The third trend is that government will continue to support various industries and businesses financially. Grants, tax breaks and other incentives have been used to lure larger companies to move or expand their operations here, as well as to provide seed money for companies the state believes have potential for growth. Since the One North Carolina Small Business Grants were implemented in 2005, 85 percent of the grant recipients are still in business. That’s a pretty good record given that most small businesses fail. And it’s not just the state involved in providing these grants. These particular grants are matched with federal funding through the Small Business Innovation Research and Small Business Technology Transfer programs. It appears as if state and federal government are committed to financially supporting certain businesses.

What does this mean for residents, particularly those looking for work or about to enter the workforce?

First, people are going to have to go to the jobs; the jobs are not coming to them. This is a conservative philosophy most recently espoused by John Hood of the John Locke Foundation and now head of the John William Pope Foundation, which is funded by Art Pope, one of the leading Republicans in the state. Hood wrote in early September of this year that “Government shouldn’t try to move jobs to people. That usually fails.” Hood explained that historically Americans have moved about the country to pursue work and careers. But when people are reluctant to move, they tend to stay “unemployed and underemployed far longer” and their wage gains are “far smaller.”

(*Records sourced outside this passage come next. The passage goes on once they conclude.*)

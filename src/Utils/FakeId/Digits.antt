-- ===== src/Utils/FakeId/Digits.antt =====
-- utils/yl_hash_id.go: the number of octal digits, and of groups of five of them.
use native.Mathlib.Nat.{pow-suc, zero-add, pow-le-pow_right}
use zhiya.Prelude.{
  ℕ, zero, suc, ◌+◌, ◌*◌, ◌/◌, ◌^◌, ◌≤◌, ◌<◌, ◌≡◌, ◌⊎◌, refl, inl, inr, arith, ltb, Bool-cases,
  ltb→lt, dec_lt,
}
use zhiya.Utils.FakeId.Base36.{u64_mod}
use zhiya.Utils.FakeId.{count_digits, octal_digits, groups_of}

-- `k` is the number of octal digits of `n`.
pub record IsDigitCount (n k : ℕ) : Type 0 where
  pub below : n < 8 ^ k
  pub above : (k ≡ 0) ⊎ (8 ^ k ≤ 8 * n)

above_step : (n k : ℕ) → 0 < n → (k ≡ 0) ⊎ (8 ^ k ≤ 8 * (n / 8)) → 8 ^ suc k ≤ 8 * n
above_step n k pos (inl e) = rw e (omega arith)
above_step n k pos (inr h) = omega (arith, pow-suc 8 k)

IsDigitCount-suc : (n k : ℕ) → 0 < n → IsDigitCount (n / 8) k → IsDigitCount n (suc k)
IsDigitCount-suc n k pos c = record {
  below = omega (arith, pow-suc 8 k, c.below);
  above = inr (above_step n k pos c.above);
}

count_digits_lem :
    (fuel ret digit : ℕ)
    → ret < 8 ^ fuel
    → (k : ℕ) × (count_digits fuel ret digit ≡ digit + k) × IsDigitCount ret k
unfolding count_digits
count_digits_lem zero ret digit h = (0, omega arith, record { below = h; above = inl refl })
count_digits_lem (suc f) ret digit h = elim (Bool-cases (ltb 0 ret)) [
  | inl more ↦
      let (k, e, c) = count_digits_lem f (ret / 8) (digit + 1) (omega (arith, pow-suc 8 f)) in
      (suc k, rw more (omega (arith, e)), IsDigitCount-suc ret k (ltb→lt 0 ret more) c)
  | inr done ↦ (0, rw done (omega arith), record { below = ground arith; above = inl refl })
]

-- For every uint64 the loop counts exactly the octal digits: no more than its 22 rounds are needed.
pub octal_digits-IsDigitCount : (n : ℕ) → n < u64_mod → IsDigitCount n (octal_digits n)
unfolding octal_digits
octal_digits-IsDigitCount n h =
    let (k, e, c) = count_digits_lem 22 n 0 (omega arith) in rw (e, zero-add) c

module _ (n : ℕ) {k : ℕ} (c : IsDigitCount n k) where
  -- A number with more than `a` digits is at least 8 ^ a.
  digits-le : (a : ℕ) → n < 8 ^ a → k ≤ a
  digits-le a h = elim (dec_lt a k) [
    | yes more ↦ absurd (elim c.above [
      | inl z ↦ omega arith
      | inr big ↦ omega (arith, pow-le-pow_right {n = 8} (omega arith) more, pow-suc 8 a)
    ])
    | no less ↦ omega arith
  ]

  digits-lt : (a : ℕ) → 8 ^ a ≤ n → a < k
  digits-lt a h = elim (dec_lt a k) [
    | yes more ↦ more
    | no less ↦
        let q : 8 ^ k ≤ 8 ^ a = pow-le-pow_right (omega arith) (omega arith) in
        absurd (omega (arith, c.below))
  ]

-- The number of groups of 15 bits.
pub groups_of-octal_digits :
    (n a : ℕ)
    → n < u64_mod
    → 8 ^ (5 * a) ≤ n
    → n < 8 ^ (5 * a + 5)
    → groups_of (octal_digits n) ≡ a + 1
groups_of-octal_digits n a fits lo hi =
    let c = octal_digits-IsDigitCount n fits in
    omega (arith, digits-lt n c (5 * a) lo, digits-le n c (5 * a + 5) hi)

-- The digits lie in the same group.
pub octal_digits_range :
    (n a : ℕ)
    → n < u64_mod
    → 8 ^ (5 * a) ≤ n
    → n < 8 ^ (5 * a + 5)
    → (5 * a < octal_digits n) × (octal_digits n ≤ 5 * a + 5)
octal_digits_range n a fits lo hi =
    let c = octal_digits-IsDigitCount n fits in
    (digits-lt n c (5 * a) lo, digits-le n c (5 * a + 5) hi)
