-- ===== src/Utils/FakeId/Mixed.antt =====
-- utils/yl_hash_id.go: `mix` keeps the 15 low bits of each group of 18.
use Prim.Native.Nat.{bit_and}
use zhiya.Prelude.{
  ℕ, zero, suc, ◌+◌, ◌-◌, ◌*◌, ◌/◌, ◌%◌, ◌^◌, ◌≤◌, ◌<◌, ◌≡◌, refl, ap, ◌∙◌, arith, lt→ltb, dec_lt,
}
use zhiya.Prelude.Bits.{bit_and_seven, bit_and_56, bit_and_448, bit_and_3584, bit_and_32767}
use zhiya.Utils.FakeId.Base36.{u64_mod}
use zhiya.Utils.FakeId.{shl, sub64, add64, mix_loop, group, mix, octal_digits, groups_of}
use zhiya.Utils.FakeId.Digits.{groups_of-octal_digits, octal_digits_range}

-- A group, without overflow.
abbrev group_value : ℕ → ℕ → ℕ → ℕ
group_value md number check = number % 32768 + check / 8 ^ md % 8 * 32768

group_lem : (md number check : ℕ) → md < 4 → group md number check ≡ group_value md number check
unfolding group
group_lem zero number check h = omega (arith, bit_and_seven check, bit_and_32767 number)
group_lem (suc zero) number check h = omega (arith, bit_and_56 check, bit_and_32767 number)
group_lem (suc (suc zero)) number check h = omega (arith, bit_and_448 check, bit_and_32767 number)
group_lem (suc (suc (suc zero))) number check h =
    omega (arith, bit_and_3584 check, bit_and_32767 number)
group_lem (suc (suc (suc (suc n)))) number check h = absurd (omega arith)

-- One round of the loop over the groups, and its end.
mix_loop_step :
    (fuel md number check digit i ret : ℕ)
    → md < 4
    → 0 < digit
    → mix_loop (suc fuel) (suc md) number check digit i ret
      ≡ mix_loop fuel md
          (number / 32768)
          check
          (digit - 5)
          (i + 18)
          (add64 ret (shl (group_value md number check) i))
unfolding mix_loop
mix_loop_step fuel md number check digit i ret small more =
    let e : sub64 (suc md) 1 ≡ md = omega arith in
    rw (lt→ltb 0 digit more, e, group_lem md number check small) refl

mix_loop_done :
    (fuel md number check digit i ret : ℕ)
    → digit ≡ 0
    → mix_loop fuel md number check digit i ret ≡ ret
unfolding mix_loop
mix_loop_done zero md number check digit i ret e = refl
mix_loop_done (suc fuel) md number check digit i ret e = rw e

-- The value that an entry of the loop has, after all rounds.
abbrev placed : ℕ → ℕ → ℕ → ℕ → ℕ
placed md number check i = shl (group_value md number check) i

module _ (n check d : ℕ) where
  loop_one : 0 < d → d ≤ 5 → mix_loop 5 1 n check d 0 0 ≡ add64 0 (placed 0 n check 0)
  loop_one p q =
      mix_loop_step 4 0 n check d 0 0 (omega arith) p
      ∙ mix_loop_done 4 0 _ _ (d - 5) 18 _ (omega arith)

  loop_two :
      5 < d
      → d ≤ 10
      → mix_loop 5 2 n check d 0 0
        ≡ add64 (add64 0 (placed 1 n check 0)) (placed 0 (n / 32768) check 18)
  loop_two p q =
      mix_loop_step 4 1 n check d 0 0 (omega arith) (omega arith)
      ∙ mix_loop_step 3 0 _ check (d - 5) 18 _ (omega arith) (omega arith)
      ∙ mix_loop_done 3 0 _ _ (d - 5 - 5) 36 _ (omega arith)

  loop_three :
      10 < d
      → d ≤ 15
      → mix_loop 5 3 n check d 0 0
        ≡ add64
            (add64 (add64 0 (placed 2 n check 0)) (placed 1 (n / 32768) check 18))
            (placed 0 (n / 32768 / 32768) check 36)
  loop_three p q =
      mix_loop_step 4 2 n check d 0 0 (omega arith) (omega arith)
      ∙ mix_loop_step 3 1 _ check (d - 5) 18 _ (omega arith) (omega arith)
      ∙ mix_loop_step 2 0 _ check (d - 5 - 5) 36 _ (omega arith) (omega arith)
      ∙ mix_loop_done 2 0 _ _ (d - 5 - 5 - 5) 54 _ (omega arith)

  loop_four :
      15 < d
      → d ≤ 20
      → mix_loop 5 4 n check d 0 0
        ≡ add64
            (add64
              (add64 (add64 0 (placed 3 n check 0)) (placed 2 (n / 32768) check 18))
              (placed 1 (n / 32768 / 32768) check 36))
            (placed 0 (n / 32768 / 32768 / 32768) check 54)
  loop_four p q =
      mix_loop_step 4 3 n check d 0 0 (omega arith) (omega arith)
      ∙ mix_loop_step 3 2 _ check (d - 5) 18 _ (omega arith) (omega arith)
      ∙ mix_loop_step 2 1 _ check (d - 5 - 5) 36 _ (omega arith) (omega arith)
      ∙ mix_loop_step 1 0 _ check (d - 5 - 5 - 5) 54 _ (omega arith) (omega arith)
      ∙ mix_loop_done 1 0 _ _ (d - 5 - 5 - 5 - 5) 72 _ (omega arith)

-- `m` has the data bits of `n`, 15 in each group of 18.
pub record IsMixed (n m : ℕ) : Type 0 where
  pub fits : m < 2 ^ 59
  pub low : m % 32768 ≡ n % 32768
  pub second : m / 2 ^ 18 % 32768 ≡ n / 2 ^ 15 % 32768
  pub third : m / 2 ^ 36 % 32768 ≡ n / 2 ^ 30 % 32768
  pub top : m / 2 ^ 54 ≡ n / 2 ^ 45

IsMixed-one : (n check : ℕ) → n < 2 ^ 15 → IsMixed n (add64 0 (placed 0 n check 0))
IsMixed-one n check h = omega arith

IsMixed-two :
    (n check : ℕ)
    → n < 2 ^ 30
    → IsMixed n (add64 (add64 0 (placed 1 n check 0)) (placed 0 (n / 32768) check 18))
IsMixed-two n check h = omega arith

IsMixed-three :
    (n check : ℕ)
    → n < 2 ^ 45
    → IsMixed n (
        add64
          (add64 (add64 0 (placed 2 n check 0)) (placed 1 (n / 32768) check 18))
          (placed 0 (n / 32768 / 32768) check 36))
IsMixed-three n check h = omega arith

-- The check digit of the fourth group is shifted out of the 64 bits.
IsMixed-four :
    (n check : ℕ)
    → n < 2 ^ 50
    → IsMixed n (
        add64
          (add64
            (add64 (add64 0 (placed 3 n check 0)) (placed 2 (n / 32768) check 18))
            (placed 1 (n / 32768 / 32768) check 36))
          (placed 0 (n / 32768 / 32768 / 32768) check 54))
IsMixed-four n check h = omega arith

abbrev check_of : ℕ → ℕ
check_of n = bit_and n (sub64 (shl 1 (3 * groups_of (octal_digits n))) 1)

-- What `mix` returns, once the number of groups is known.
mix-mix_loop :
    (n a : ℕ)
    → n < u64_mod
    → 8 ^ (5 * a) ≤ n
    → n < 8 ^ (5 * a + 5)
    → mix n ≡ mix_loop 5 (a + 1) n (check_of n) (octal_digits n) 0 0
unfolding mix
mix-mix_loop n a fits lo hi =
    ap (λ md. mix_loop 5 md n (check_of n) (octal_digits n) 0 0)
      (groups_of-octal_digits n a fits lo hi)

-- The data bits of every number below 2 ^ 50 survive in `mix`.
pub mix-IsMixed : (n : ℕ) → 0 < n → n < 2 ^ 50 → IsMixed n (mix n)
mix-IsMixed n pos h = elim (dec_lt n (2 ^ 15)) [
  | yes b ↦
      let (p, q) = octal_digits_range n 0 (omega arith) pos b in
      rw (mix-mix_loop n 0 (omega arith) pos b, loop_one n (check_of n) (octal_digits n) p q)
        (IsMixed-one n (check_of n) b)
  | no b ↦ elim (dec_lt n (2 ^ 30)) [
    | yes c ↦
        let (p, q) = octal_digits_range n 1 (omega arith) (omega arith) c in
        rw
          (
            mix-mix_loop n 1 (omega arith) (omega arith) c,
            loop_two n (check_of n) (octal_digits n) p q,
          )
          (IsMixed-two n (check_of n) c)
    | no c ↦ elim (dec_lt n (2 ^ 45)) [
      | yes d ↦
          let (p, q) = octal_digits_range n 2 (omega arith) (omega arith) d in
          rw
            (
              mix-mix_loop n 2 (omega arith) (omega arith) d,
              loop_three n (check_of n) (octal_digits n) p q,
            )
            (IsMixed-three n (check_of n) d)
      | no d ↦
          let (p, q) = octal_digits_range n 3 (omega arith) (omega arith) (omega arith) in
          rw
            (
              mix-mix_loop n 3 (omega arith) (omega arith) (omega arith),
              loop_four n (check_of n) (octal_digits n) p q,
            )
            (IsMixed-four n (check_of n) h)
    ]
  ]
]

Second, education is increasingly important. Manufacturing jobs that were done by people 20 and 30 years ago are now being done by robots. According to a recent study entitled “America’s Divided Recovery: College Haves and Have-Nots,” of the 11.6 million jobs that have been created since the Great Recession, 95 percent of them (11.5 million) went to people with some college education. And 8.4 million of those jobs went to people with a bachelor’s degree or higher. Only 80,000 jobs were created for people without some college education. As technology becomes even more prevalent and machines replace people, education will become even more important for those who want to have a good job.

Third, there is little reason to believe government officials will extricate themselves from trying to lure and expand businesses. Depressions and recessions create both economic and political instability. They go hand-in-hand. In order to provide their own stability, politicians do what they can to provide economic stability, at least to enough people to get them re-elected.

Rural Americans, particularly those without a college degree, may pine for those days when every town had a factory that paid a good wage. But the trend has been away from that toward urban areas where new companies require more highly educated employees. That is where business seems to be headed.